Geospatial technology can ensure nothing stands between the 7 billion strong world population and their fair share of safe and nutritious food.
We are currently facing challenges that none of our earlier generations ever dreamt of. On one hand, there is enough food produced in the world that can feed everyone in the planet, but, there are at least 800 million people going hungry to bed every day. About a third of the total food produced gets wasted either before crossing the farm gate or at the other end of the food chain. Climate change induced natural disasters, inclement weather that affects crop production, increasing competition for cultivable land, price volatility of commodities, civil and communal wars, and unfavorable socio-economic situations, all are influencing the agri-food policymaking process and regulatory environments across the world.
Why Asia?
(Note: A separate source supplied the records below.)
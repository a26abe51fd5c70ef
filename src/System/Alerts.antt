-- ===== src/System/Alerts.antt =====
-- A client that follows the page tokens of `Service.GetDeviceAlerts` over the SQLite repository.
use iot_metrics.Base.{
  ℕ, zero, suc, ◌≤◌, ◌<◌, ◌≡◌, refl, sym, ap, ◌∙◌, subst, ◌≢◌, inl, inr, String, Bool, true, false,
  List, [], ◌∷◌, ◌++◌, map, Option, none, some, ℤ, pos, arith, pos_part, ◌≤ℤ◌, Bool-cases, eq_iff,
  length, length-append, In, In-append_right,
}
use iot_metrics.Device.PageToken.{
  TokenJson, IsTokenJson, encode_page_token, decode-encode_page_token, encode_page_token-ne-nil,
}
use iot_metrics.Device.Service.{
  World, get_device_alerts, clamp_page_size, request_token, response_token, timeframe_of,
}
use iot_metrics.Device.Types.{RepositoryPage, RepositoryPageToken, GetDeviceAlertsRequest, Alert}
use iot_metrics.Device.Validation.{validate_get_device_alerts_req}
use iot_metrics.Device.Validation.Laws.{IsQueryable, validate_get_device_alerts_req_iff}
use iot_metrics.Go.Errors.{other}
use iot_metrics.Go.Outcome.{Outcome, ok, err, Call, next, return}
use iot_metrics.Sqlite.Repository
use iot_metrics.Sqlite.Repository.{device_repository, token_of, to_alert, paged}
use iot_metrics.Sqlite.Repository.Listing.{IsListing, listing-IsListing, length-listing}
use iot_metrics.Sqlite.Repository.Paging.{IsCut, last_page, more_pages, split_peeked-IsCut, listing}
use iot_metrics.Sqlite.Repository.Valid.{IsReachable, IsReachable-IsValid}
use iot_metrics.Sqlite.Repository.Following.{IsLeft, at_start, IsLeft-more, IsLeft-In}
use iot_metrics.Sqlite.Repository.Walk.{alerts_cut}
use iot_metrics.Sqlite.Queries.Order.{HasKeys}
use iot_metrics.Sqlite.Tables.{Row, AlertValues, Db}
use mathlib.Core.List.{append_assoc, map-append}
use text.Mathlib.Text.{◌==◌}

-- A request that was accepted asks the repository for 1 to 250 items.
pub clamp_page_size-range :
    (size : ℤ) → pos 0 ≤ℤ size → (n : ℕ) × (clamp_page_size size ≡ pos n) × (0 < n) × (n ≤ 250)
unfolding clamp_page_size
clamp_page_size-range size h =
    (pos_part (clamp_page_size size), ground arith, ground arith, ground arith)

-- The alerts of a page, and those of the pages behind it unless it is the last.
abbrev join_pages :
    Bool → List Alert → World Db → Outcome (List Alert) × World Db → Outcome (List Alert) × World Db
join_pages true alerts w rest = (ok alerts, w)
join_pages false alerts w rest = next rest λ more. return (alerts ++ more)

module _ (j : TokenJson) where
  -- At most `fuel` pages of a request, joined: each further page is asked for by the token text of
  -- the page before, and the empty text ends the walk.
  unfoldable pub walk_pages : GetDeviceAlertsRequest → ℕ → String → Call (World Db) (List Alert)
  walk_pages req zero text w = (err (other "out of fuel"), w)
  walk_pages req (suc fuel) text w =
      next (get_device_alerts device_repository j (record req { page_token = text }) w) λ res w'.
        let rest = walk_pages req fuel res.next_page_token w' in
        join_pages (res.next_page_token == "") res.alerts w' rest

  -- Every page token that rows of a list can give is encoded, as it is for times that JSON can hold.
  abbrev pub Encodes : List (Row AlertValues) → Type 0
  Encodes rows =
      (row : Row AlertValues)
      → In row rows
      → (text : String) × (encode_page_token j (token_of row) ≡ ok text)

  -- The token that a text stands for.
  data IsTokenText : String → Option RepositoryPageToken → Type 0 where
    no_token : IsTokenText "" none
    token_text :
        {text : String} {t : RepositoryPageToken}
        → encode_page_token j t ≡ ok text
        → IsTokenText text (some t)

  not_empty : (text : String) → text ≢ "" → (text == "") ≡ false
  not_empty text h = elim (Bool-cases (text == "")) [
    | inl e ↦ absurd (h ((eq_iff text "").0 e))
    | inr e ↦ e
  ]

  request_token-IsTokenText :
      {text : String} {token : Option RepositoryPageToken}
      → IsTokenJson j
      → IsTokenText text token
      → request_token j text ≡ ok token
  unfolding request_token
  request_token-IsTokenText lawful no_token = refl
  request_token-IsTokenText lawful (token_text {text} {t} e) = rw (
    not_empty text (encode_page_token-ne-nil j lawful t text e),
    decode-encode_page_token j lawful t text e,
  )

  module _ (lawful : IsTokenJson j) (req : GetDeviceAlertsRequest) (accepted : IsQueryable req)
      (w : World Db) where
    abbrev page_size : ℕ
    page_size = (clamp_page_size-range req.page_size accepted.page_size).0

    still_accepted :
        (text : String) → validate_get_device_alerts_req (record req { page_token = text }) ≡ none
    still_accepted text =
        (validate_get_device_alerts_req_iff (record req { page_token = text })).1 (record {
          device = accepted.device;
          start = accepted.start;
          end = accepted.end;
          page_size = accepted.page_size;
        })

    -- One page of the service, from the page of the repository.
    service_page :
        (text : String) (token : Option RepositoryPageToken) (page : RepositoryPage Alert)
        (next_text : String)
        → IsTokenText text token
        → Repository.get_device_alerts req.device_id
            (timeframe_of req)
            (record { size = pos page_size; token = token })
            w.repo
          ≡ (ok page, w.repo)
        → response_token j page.next_page_token ≡ ok next_text
        → get_device_alerts device_repository j (record req { page_token = text }) w
          ≡ (ok (record { alerts = page.items; next_page_token = next_text }), w)
    unfolding get_device_alerts
    service_page text token page next_text names e f = rw (
      still_accepted text,
      request_token-IsTokenText lawful names,
      (clamp_page_size-range req.page_size accepted.page_size).1,
      e,
      f,
    )

    module _ (no_faults : w.repo.faults ≡ []) (reached : IsReachable w.repo)
        (encodes : Encodes w.repo.alerts.rows) where
      abbrev all_rows : List (Row AlertValues)
      all_rows = listing req.device_id (timeframe_of req) w.repo.alerts.rows

      abbrev Walks : ℕ → Type 0
      Walks fuel =
          (text : String) (token : Option RepositoryPageToken) (left : List (Row AlertValues))
          → IsTokenText text token
          → IsLeft all_rows token left
          → length left < fuel
          → walk_pages req fuel text w ≡ (ok (map to_alert left), w)

      keys : HasKeys w.repo.alerts.rows
      keys = (IsReachable-IsValid reached).alerts.keys

      -- The token of a row that is left is encoded.
      left_encodes :
          {token : Option RepositoryPageToken} (left front : List (Row AlertValues))
          (r : Row AlertValues) (rest : List (Row AlertValues))
          → IsLeft all_rows token left
          → left ≡ front ++ r ∷ rest
          → (text : String) × (encode_page_token j (token_of r) ≡ ok text)
      left_encodes left front r rest at whole = encodes r (stored r listed)
        where
          listed : In r all_rows
          listed =
              IsLeft-In r at
                (subst (In r) (sym whole) (In-append_right r front (r ∷ rest) (inl refl)))

          stored : (a : Row AlertValues) → In a all_rows → In a w.repo.alerts.rows
          stored a h =
              (((listing-IsListing req.device_id (timeframe_of req) w.repo.alerts.rows
                    keys).complete
                  a).0
                h).0

      walk_page :
          (fuel : ℕ) (text : String) (token : Option RepositoryPageToken)
          (left : List (Row AlertValues))
          (o : Outcome (List (Row AlertValues) × Option RepositoryPageToken))
          → Walks fuel
          → IsTokenText text token
          → IsLeft all_rows token left
          → length left < suc fuel
          → Repository.get_device_alerts req.device_id
              (timeframe_of req)
              (record { size = pos page_size; token = token })
              w.repo
            ≡ (paged to_alert o, w.repo)
          → IsCut page_size left o
          → walk_pages req (suc fuel) text w ≡ (ok (map to_alert left), w)
      unfolding walk_pages response_token
      walk_page fuel text token left _ ih names at short e (last_page fits) =
          rw (service_page text token _ "" names e refl)
      walk_page fuel text token left _ ih names at short e (more_pages front r rest whole len) =
          let (next_text, encoded) = left_encodes left front r rest at whole in
          rw
            (
              service_page text token _ next_text names e encoded,
              not_empty next_text
                  (encode_page_token-ne-nil j lawful (token_of r) next_text encoded),
              ih next_text (some (token_of r)) rest (token_text encoded)
                  (IsLeft-more front r rest at whole) shorter,
            )
            (ap (λ items. (ok items, w))
              (sym (map-append to_alert (front ++ r ∷ []) rest)
                ∙ ap (map to_alert) (append_assoc front (r ∷ []) rest ∙ sym whole)))
        where
          shorter : length rest < fuel
          shorter = omega (arith, length-append {0} front (r ∷ rest), ap length whole)

      walk_rest : (fuel : ℕ) → Walks fuel
      walk_rest zero text token left names at short = elim short [ ]
      walk_rest (suc fuel) text token left names at short =
          let range = clamp_page_size-range req.page_size accepted.page_size in
          walk_page fuel text token left _ (walk_rest fuel) names at short
            (alerts_cut req.device_id (timeframe_of req) page_size (omega (arith, range.3)) w.repo
              no_faults keys token left at)
            (split_peeked-IsCut page_size left range.2)

  -- Following the page tokens of the service from the empty text on, for a request that was accepted,
  -- gives exactly those of the device's alerts whose second meets the request's timeframe, the latest
  -- first and each once, whatever page size was asked for, over any database that calls of the
  -- repository have made, if no statement fails, the tokens of the stored alerts are encoded, and the
  -- client may ask for more pages than there are alerts. An alert is stored with its second, and the
  -- timeframe is of its bounds: a start within a second takes in all of that second. The state stays as
  -- it is.
  pub walk_pages_all :
      (lawful : IsTokenJson j) (req : GetDeviceAlertsRequest) (w : World Db) (fuel : ℕ)
      → IsQueryable req
      → w.repo.faults ≡ []
      → IsReachable w.repo
      → Encodes w.repo.alerts.rows
      → length w.repo.alerts.rows < fuel
      → (found : List (Row AlertValues)) × IsListing req.device_id
          (timeframe_of req)
          w.repo.alerts.rows
          found
        × (walk_pages req fuel "" w ≡ (ok (map to_alert found), w))
  walk_pages_all lawful req w fuel accepted no_faults reached encodes enough =
      let rows = w.repo.alerts.rows in
      let tf = timeframe_of req in
      (
        listing req.device_id tf rows,
        listing-IsListing req.device_id tf rows (IsReachable-IsValid reached).alerts.keys,
        walk_rest lawful req accepted w no_faults reached encodes fuel "" none _ no_token at_start
            (omega (arith, length-listing req.device_id tf rows)),
      )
Why now?
Asia is one of the fastest growing regions set to power world economic growth in the next decade and further. Yet, it remains highly vulnerable in the context of food security. This is a region with over 4 billion people and is much younger in terms of median age of around 30, only behind Africa. Although overall dependence on agriculture has reduced over time, the sector still remains the mainstay for employment and livelihood for over half of its population, barring a few developed countries, such as, Japan, Australia, New Zealand and South Korea. From a macro-economic perspective, the declining share of agriculture sector as a percentage of GDP is seen as an indicator of progressive growth and economic development. However, the primary driver of the trend, as learnt from the experiences of the developed economies, is the focus on efficiency through use of technologies that help liberate labor from agriculture to be employed in other sectors.
Cloud and sensors
Farm mechanization has been quite instrumental in helping traditional agriculture get transformed into agribusiness that is more efficient and sustainable. If we can say these machines revolutionized farming in the previous generation, it is going to be data that will bring the next big revolution in our generation. Agriculture will always remain dependent on two kinds of ‘clouds’. One for ‘rain’ and another for ‘data’. In fact, the latter is the key for agriculture to improve its resilience, enhance its capability to manage and get itself insulated from the vagaries of the former. Globally, farming has started moving on the information superhighway and it’s no longer a ‘sow seeds and reap produce’ story but ‘plant sensors and harvest data’.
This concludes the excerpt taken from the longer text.